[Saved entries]
------------
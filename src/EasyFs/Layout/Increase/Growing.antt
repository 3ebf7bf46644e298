-- ===== src/EasyFs/Layout/Increase/Growing.antt =====
-- The parts of `increase_size` as runs of assignments: from the slots of the old size to those of the new one.
use r_core_tutorial_v3_arm.Base.{
  ℕ, zero, suc, ◌+◌, ◌-◌, ◌*◌, ◌/◌, ◌%◌, ◌≤◌, ◌<◌, min, ◌≡◌, refl, sym, ap, ◌∙◌, inl, inr, Bool,
  true, false, List, arith, ltb, leb, ◌==◌, if◌then◌else◌, ltb→lt, Bool-cases, Run, done, panic,
  ◌>>=◌, ◌>>◌, assert,
}
use r_core_tutorial_v3_arm.EasyFs.Layout.{DiskInode, with_indices}
use r_core_tutorial_v3_arm.EasyFs.Layout.Sizes.{blocks_of, data_blocks-eq}
use r_core_tutorial_v3_arm.EasyFs.Layout.Increase.{
  Growth, put_indirect1, put_indirect2, fill_direct, fill_indirect1, fill_indirect2, grow_indirect1,
  grow_indirect2, increase_size,
}
use r_core_tutorial_v3_arm.EasyFs.Layout.Increase.Slots.{Slot, first_slot, second_slot, slot}
use r_core_tutorial_v3_arm.EasyFs.Layout.Increase.Append.{put}
use r_core_tutorial_v3_arm.EasyFs.Layout.Increase.Rounds.{
  appends, then_rounds, direct_rounds, entry_rounds, position, pair_rounds,
}

abbrev one_if : Bool → ℕ
one_if b = if b then 1 else 0

-- The step that takes a block of indices when the old size ends where it begins.
put_if :
    (b : Bool) (s : Slot) (p : ℕ) (g : Growth)
    → (b ≡ true → slot p ≡ s)
    → (if b then put s g else done g) ≡ appends (one_if b) p g
put_if true s p g e = last_assignment s p g (e refl)
  where
    bind_done : (m : Run Growth) → m >>= done ≡ m
    bind_done (done g) = refl
    bind_done panic = refl

    last_assignment : (s : Slot) (p : ℕ) (g : Growth) → slot p ≡ s → put s g ≡ appends 1 p g
    last_assignment s p g e = sym (bind_done (put s g)) ∙ ap (λ s. put s g >>= done) (sym e)
put_if false s p g e = refl

second_rounds :
    (c t n p : ℕ) (g : Growth)
    → 128 ≤ c
    → 128 < t
    → c ≤ t
    → t ≤ 128 + 128 * 128
    → p ≡ position ((c - 128) / 128) ((c - 128) % 128)
    → p + n ≡ with_indices (28 + t)
    → assert (leb 128 c)
        >> fill_indirect2
            (t - c)
            ((c - 128) / 128)
            ((c - 128) % 128)
            ((t - 128) / 128)
            ((t - 128) % 128)
            g
      ≡ appends n p g
second_rounds c t n p g h k l m e f =
    let opened : leb 128 c ≡ true = ground (arith, h) in
    rw opened (
      pair_rounds (t - c) ((c - 128) / 128) ((c - 128) % 128) ((t - 128) / 128) ((t - 128) % 128) n
        p g
        (record {
          in_row = omega arith;
          last_in_row = omega arith;
          ahead = omega (arith, l);
          fits = omega (arith, m);
          starts = e;
          ends = ground (arith, k, f);
        })
        (omega (arith, l, h)))

grow_indirect2_rounds :
    (c t n p : ℕ) (g : Growth)
    → min t 128 ≤ c
    → c ≤ t
    → t ≤ 128 + 128 * 128
    → p ≡ with_indices (28 + c)
    → p + n ≡ with_indices (28 + t)
    → grow_indirect2 c t g ≡ appends n p g
grow_indirect2_rounds c t n p g h l m e f = elim (Bool-cases (ltb 128 t)) [
  | inr few ↦ rw (few, nothing few) refl
  | inl few ↦
      let from : 128 ≤ c = ground (arith, h, few) in
      let fits : one_if (c == 128) ≤ n = ground (arith, h, l, e, f, few) in
      let starts : p + one_if (c == 128) ≡ position ((c - 128) / 128) ((c - 128) % 128) =
        ground (arith, from, e) in
      let ends : p + one_if (c == 128) + (n - one_if (c == 128)) ≡ with_indices (28 + t) =
        omega (arith, f, fits) in
      let k = one_if (c == 128) in
      rw few (
        then_rounds (if c == 128 then put_indirect2 g else done g)
          (λ g'.
            assert (leb 128 c)
            >> fill_indirect2 (t - c) ((c - 128) / 128) ((c - 128) % 128) ((t - 128) / 128)
                ((t - 128) % 128) g')
          k (n - k) n p g (put_if (c == 128) second_slot p g (λ y. ground (arith, e, y)))
          (λ g'. second_rounds c t (n - k) (p + k) g' from (ltb→lt 128 t few) l m starts ends)
          (omega (arith, fits)))
]
  where
    nothing : ltb 128 t ≡ false → n ≡ 0
    nothing few = ground (arith, h, l, e, f, few)

entries_if :
    (n c p : ℕ) (g : Growth)
    → (0 < n → (c + n ≤ 128) × (p ≡ 29 + c))
    → fill_indirect1 n c g ≡ appends n p g
entries_if zero c p g h = refl
entries_if (suc n) c p g h = let (fits, e) = h (omega arith) in entry_rounds (suc n) c p g fits e

first_rounds :
    (c t n p : ℕ) (g : Growth)
    → 28 ≤ c
    → c ≤ t
    → 28 < t
    → t ≤ 156 + 128 * 128
    → p ≡ with_indices c + one_if (c == 28)
    → p + n ≡ with_indices t
    → assert (leb 28 c)
        >> (fill_indirect1 (min (t - 28) 128 - (c - 28)) (c - 28) g
            >>= grow_indirect2 (c - 28 + (min (t - 28) 128 - (c - 28))) (t - 28))
      ≡ appends n p g
first_rounds c t n p g h l k m e f =
    let opened : leb 28 c ≡ true = ground (arith, h) in
    let fits : min (t - 28) 128 - (c - 28) ≤ n = ground (arith, h, l, k, e, f) in
    let next : p + (min (t - 28) 128 - (c - 28))
        ≡ with_indices (28 + (c - 28 + (min (t - 28) 128 - (c - 28)))) =
      ground (arith, h, l, k, e) in
    let back : t ≡ 28 + (t - 28) = omega (arith, k) in
    let end : p + (min (t - 28) 128 - (c - 28)) + (n - (min (t - 28) 128 - (c - 28)))
        ≡ with_indices (28 + (t - 28)) =
      rw (sym back) (omega (arith, f, fits)) in
    rw opened (
      then_rounds (fill_indirect1 (min (t - 28) 128 - (c - 28)) (c - 28) g)
        (grow_indirect2 (c - 28 + (min (t - 28) 128 - (c - 28))) (t - 28))
        (min (t - 28) 128 - (c - 28)) (n - (min (t - 28) 128 - (c - 28))) n p g
        (entries_if (min (t - 28) 128 - (c - 28)) (c - 28) p g
          (λ some. (omega (arith, h, some), ground (arith, h, some, e))))
        (λ g'.
          grow_indirect2_rounds (c - 28 + (min (t - 28) 128 - (c - 28))) (t - 28)
            (n - (min (t - 28) 128 - (c - 28))) (p + (min (t - 28) 128 - (c - 28))) g' (omega arith)
            (omega (arith, h, l)) (omega (arith, m)) next end)
        (omega (arith, fits)))

grow_indirect1_rounds :
    (c t n p : ℕ) (g : Growth)
    → min t 28 ≤ c
    → c ≤ t
    → t ≤ 156 + 128 * 128
    → p ≡ with_indices c
    → p + n ≡ with_indices t
    → grow_indirect1 c t g ≡ appends n p g
grow_indirect1_rounds c t n p g h l m e f = elim (Bool-cases (ltb 28 t)) [
  | inr few ↦ rw (few, nothing few) refl
  | inl more ↦
      let from : 28 ≤ c = ground (arith, h, more) in
      let fits : one_if (c == 28) ≤ n = ground (arith, h, l, e, f, more) in
      let starts : p + one_if (c == 28) ≡ with_indices c + one_if (c == 28) = omega (arith, e) in
      rw more (
        then_rounds (if c == 28 then put_indirect1 g else done g)
          (λ g'.
            assert (leb 28 c)
            >> (fill_indirect1 (min (t - 28) 128 - (c - 28)) (c - 28) g'
                >>= grow_indirect2 (c - 28 + (min (t - 28) 128 - (c - 28))) (t - 28)))
          (one_if (c == 28)) (n - one_if (c == 28)) n p g
          (put_if (c == 28) first_slot p g (λ y. ground (arith, e, y)))
          (λ g'.
            first_rounds c t (n - one_if (c == 28)) (p + one_if (c == 28)) g' from l
              (ltb→lt 28 t more) m starts (omega (arith, f, fits)))
          (omega (arith, fits)))
]
  where
    nothing : ltb 28 t ≡ false → n ≡ 0
    nothing few = ground (arith, h, l, e, f, few)

directs_if :
    (n c p : ℕ) (g : Growth) → (0 < n → (c + n ≤ 28) × (p ≡ c)) → fill_direct n c g ≡ appends n p g
directs_if zero c p g h = refl
directs_if (suc n) c p g h =
    let (fits, e) = h (omega arith) in
    direct_rounds (suc n) c g fits ∙ ap (λ q. appends (suc n) q g) (sym e)

direct_part :
    (c t n : ℕ) (g : Growth)
    → c ≤ t
    → t ≤ 156 + 128 * 128
    → with_indices c + n ≡ with_indices t
    → fill_direct (min t 28 - c) c g >>= grow_indirect1 (c + (min t 28 - c)) t
      ≡ appends n (with_indices c) g
direct_part c t n g l m f =
    let fits : min t 28 - c ≤ n = ground (arith, l, f) in
    then_rounds (fill_direct (min t 28 - c) c g) (grow_indirect1 (c + (min t 28 - c)) t)
      (min t 28 - c) (n - (min t 28 - c)) n (with_indices c) g
      (directs_if (min t 28 - c) c (with_indices c) g
        (λ some. (omega (arith, some), ground (arith, some))))
      (λ g'.
        grow_indirect1_rounds (c + (min t 28 - c)) t (n - (min t 28 - c))
          (with_indices c + (min t 28 - c)) g' (omega arith) (omega (arith, l)) m
          (ground (arith, l)) (omega (arith, f, fits)))
      (omega (arith, fits))

-- `increase_size` assigns the slots after those of the old size, up to those of the new size.
pub increase_size-appends :
    (inode : DiskInode) (new_size : ℕ) (new_blocks : List ℕ) (device : ℕ → List ℕ) (n : ℕ)
    → inode.size ≤ new_size
    → blocks_of new_size ≤ 156 + 128 * 128
    → with_indices (blocks_of inode.size) + n ≡ with_indices (blocks_of new_size)
    → increase_size inode new_size new_blocks device
      ≡ appends n (with_indices (blocks_of inode.size)) (record {
        inode = record inode { size = new_size };
        device = device;
        new_blocks = new_blocks;
      })
unfolding increase_size
increase_size-appends inode new_size new_blocks device n h m e =
    rw (data_blocks-eq inode.size (omega (arith, h, m)), data_blocks-eq new_size (omega (arith, m)))
      (direct_part (blocks_of inode.size) (blocks_of new_size) n
        (record {
          inode = record inode { size = new_size };
          device = device;
          new_blocks = new_blocks;
        })
        (omega (arith, h)) m e)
------------
• [Exercise description]
Copy each line from the data above that includes "elim".

• [Result for this exercise]
grow_indirect2_rounds c t n p g h l m e f = elim (Bool-cases (ltb 128 t)) [
grow_indirect1_rounds c t n p g h l m e f = elim (Bool-cases (ltb 28 t)) [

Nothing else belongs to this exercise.